> _Work required_
Return copies of the lines below that mention "ground".

> _Records from a dataset_
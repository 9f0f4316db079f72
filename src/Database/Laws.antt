-- ===== src/Database/Laws.antt =====
-- What the program relies on of the database, and a database of lists that has it.
use agents_reality_layer.Prelude.{
  Bool, true, false, List, [], ◌∷◌, ◌++◌, ◌≡◌, refl, ◌⊎◌, filter, if◌then◌else◌, arith, inl, inr,
  Bool-cases, ap, All, subst, sym, ◌∙◌,
}
use mathlib.Core.List.{perm_append_singleton}
use mathlib.Core.List.{Perm}
use agents_reality_layer.Database.{Sql}

-- The documented behaviour: a query selects rows that meet its condition; an inserted row is
-- selected, with what was selected before and in any order, by the conditions that it meets and by
-- no others; a single row that an update picks is selected afterwards as it was changed; rows that
-- neither meet a condition before an update nor after it do not matter to it.
pub record IsSql (sql : Sql) : Type 1 where
  pub select-meets :
      {Row : Type 0} (t : sql.Table Row) (p : Row → Bool) (r : Row) (rs : List Row)
      → sql.select t p ≡ r ∷ rs
      → p r ≡ true
  pub select-insert_miss :
      {Row : Type 0} (t : sql.Table Row) (r : Row) (p : Row → Bool)
      → p r ≡ false
      → sql.select (sql.insert t r) p ≡ sql.select t p
  pub select-insert_hit :
      {Row : Type 0} (t : sql.Table Row) (r : Row) (p : Row → Bool)
      → p r ≡ true
      → Perm (sql.select (sql.insert t r) p) (r ∷ sql.select t p)
  pub select-insert_only :
      {Row : Type 0} (t : sql.Table Row) (r : Row) (p : Row → Bool)
      → p r ≡ true
      → sql.select t p ≡ []
      → sql.select (sql.insert t r) p ≡ r ∷ []
  pub select-insert_all :
      {Row : Type 0} (P : Row → Type 0) (t : sql.Table Row) (r : Row) (p : Row → Bool)
      → All P (sql.select t p)
      → P r
      → All P (sql.select (sql.insert t r) p)
  pub select-update_only :
      {Row : Type 0} (t : sql.Table Row) (q p : Row → Bool) (f : Row → Row) (r : Row)
      → ((x : Row) → p (f x) ≡ p x)
      → sql.select t p ≡ r ∷ []
      → q r ≡ true
      → sql.select (sql.update t q f) p ≡ f r ∷ []
  pub select-update_miss :
      {Row : Type 0} (t : sql.Table Row) (q p : Row → Bool) (f : Row → Row)
      → ((x : Row) → q x ≡ true → p x ≡ false)
      → ((x : Row) → p (f x) ≡ p x)
      → sql.select (sql.update t q f) p ≡ sql.select t p

-- tables as lists in the order of insertion
abbrev pub update_rows {ℓ} : {Row : Type ℓ} → List Row → (Row → Bool) → (Row → Row) → List Row
update_rows [] q f = []
update_rows (r ∷ rs) q f = (if q r then f r else r) ∷ update_rows rs q f

abbrev pub list_sql : Sql
list_sql = record {
  Table = List;
  select = λ t p. filter p t;
  insert = λ t r. t ++ r ∷ [];
  update = update_rows;
}

module _ {Row : Type 0} where
  filter-insert_miss :
      (t : List Row) (r : Row) (p : Row → Bool) → p r ≡ false → filter p (t ++ r ∷ []) ≡ filter p t
  filter-insert_miss [] r p h = ground (arith, h)
  filter-insert_miss (x ∷ t) r p h = ground (arith, filter-insert_miss t r p h)

  filter-insert_end :
      (t : List Row) (r : Row) (p : Row → Bool)
      → p r ≡ true
      → filter p (t ++ r ∷ []) ≡ filter p t ++ r ∷ []
  filter-insert_end [] r p h = ground (arith, h)
  filter-insert_end (x ∷ t) r p h = ground (arith, filter-insert_end t r p h)

  filter-insert_hit :
      (t : List Row) (r : Row) (p : Row → Bool)
      → p r ≡ true
      → Perm (filter p (t ++ r ∷ [])) (r ∷ filter p t)
  filter-insert_hit t r p h =
      subst (λ rows. Perm rows (r ∷ filter p t)) (sym (filter-insert_end t r p h))
        (perm_append_singleton r (filter p t))

  filter-insert_only :
      (t : List Row) (r : Row) (p : Row → Bool)
      → p r ≡ true
      → filter p t ≡ []
      → filter p (t ++ r ∷ []) ≡ r ∷ []
  filter-insert_only [] r p h e = ground (arith, h)
  filter-insert_only (x ∷ t) r p h e = ground (arith, filter-insert_only t r p h)

  -- rows changed in place, of which a condition picks the same ones
  filter-update :
      (t : List Row) (q p : Row → Bool) (f : Row → Row)
      → ((x : Row) → p (f x) ≡ p x)
      → filter p (update_rows t q f) ≡ update_rows (filter p t) q f
  filter-update [] q p f h = refl
  filter-update (x ∷ t) q p f h = ground (arith, filter-update t q p f h, h x)

  -- rows that an update does not pick
  update-filter_miss :
      (t : List Row) (q p : Row → Bool) (f : Row → Row)
      → ((x : Row) → q x ≡ true → p x ≡ false)
      → update_rows (filter p t) q f ≡ filter p t
  update-filter_miss [] q p f h = refl
  update-filter_miss (x ∷ t) q p f h = ground (arith, update-filter_miss t q p f h, h x)

  filter-first :
      (t : List Row) (p : Row → Bool) (r : Row) (rs : List Row) → filter p t ≡ r ∷ rs → p r ≡ true
  filter-first [] p r rs e = ground (arith, e)
  filter-first (x ∷ t) p r rs e = elim (Bool-cases (p x)) [
    | inl h ↦ subst (λ y. p y ≡ true) (heads (cut h ∙ e)) h
    | inr h ↦ filter-first t p r rs (ground (arith, h, e))
  ]
    where
      heads : {a b : Row} {xs ys : List Row} → a ∷ xs ≡ b ∷ ys → a ≡ b
      heads h = cc

      cut : p x ≡ true → x ∷ filter p t ≡ filter p (x ∷ t)
      cut h = ground (arith, h)

  filter-insert-All :
      (P : Row → Type 0) (t : List Row) (r : Row) (p : Row → Bool)
      → All P (filter p t)
      → P r
      → All P (filter p (t ++ r ∷ []))
  filter-insert-All P [] r p h k = elim (Bool-cases (p r)) [
    | inl e ↦ rw e (k, tt)
    | inr e ↦ rw e tt
  ]
  filter-insert-All P (x ∷ t) r p h k = elim (Bool-cases (p x)) [
    | inl e ↦
        let h' : P x × All P (filter p t) =
          subst (λ b. All P (elim b [ true ↦ x ∷ filter p t | false ↦ filter p t ])) e h in
        rw e (h'.0, filter-insert-All P t r p h'.1 k)
    | inr e ↦
        let h' : All P (filter p t) =
          subst (λ b. All P (elim b [ true ↦ x ∷ filter p t | false ↦ filter p t ])) e h in
        rw e (filter-insert-All P t r p h' k)
  ]

  update_rows-select :
      (t : List Row) (q p : Row → Bool) (f : Row → Row) (r : Row)
      → ((x : Row) → p (f x) ≡ p x)
      → filter p t ≡ r ∷ []
      → q r ≡ true
      → filter p (update_rows t q f) ≡ f r ∷ []
  update_rows-select t q p f r h e k =
      filter-update t q p f h ∙ (ap (λ rows. update_rows rows q f) e ∙ picked)
    where
      picked : update_rows (r ∷ []) q f ≡ f r ∷ []
      picked = ground (arith, k)

pub list_sql-IsSql : IsSql list_sql
list_sql-IsSql = record {
  select-meets = filter-first;
  select-insert_miss = filter-insert_miss;
  select-insert_hit = filter-insert_hit;
  select-insert_only = filter-insert_only;
  select-insert_all = filter-insert-All;
  select-update_only = update_rows-select;
  select-update_miss = λ t q p f h k. filter-update t q p f k ∙ update-filter_miss t q p f h;
}

-- What a condition on the primary key selects: one row at most.
abbrev pub AtMostOne : {Row : Type 0} → List Row → Type 0
AtMostOne {Row = Row} rows = (rows ≡ []) ⊎ ((r : Row) × (rows ≡ r ∷ []))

> _Answer space_
  filter-insert_miss [] r p h = ground (arith, h)
  filter-insert_miss (x ∷ t) r p h = ground (arith, filter-insert_miss t r p h)
  filter-insert_end [] r p h = ground (arith, h)
  filter-insert_end (x ∷ t) r p h = ground (arith, filter-insert_end t r p h)
  filter-insert_only [] r p h e = ground (arith, h)
  filter-insert_only (x ∷ t) r p h e = ground (arith, filter-insert_only t r p h)
  filter-update (x ∷ t) q p f h = ground (arith, filter-update t q p f h, h x)
  update-filter_miss (x ∷ t) q p f h = ground (arith, update-filter_miss t q p f h, h x)
  filter-first [] p r rs e = ground (arith, e)
    | inr h ↦ filter-first t p r rs (ground (arith, h, e))
      cut h = ground (arith, h)
      picked = ground (arith, k)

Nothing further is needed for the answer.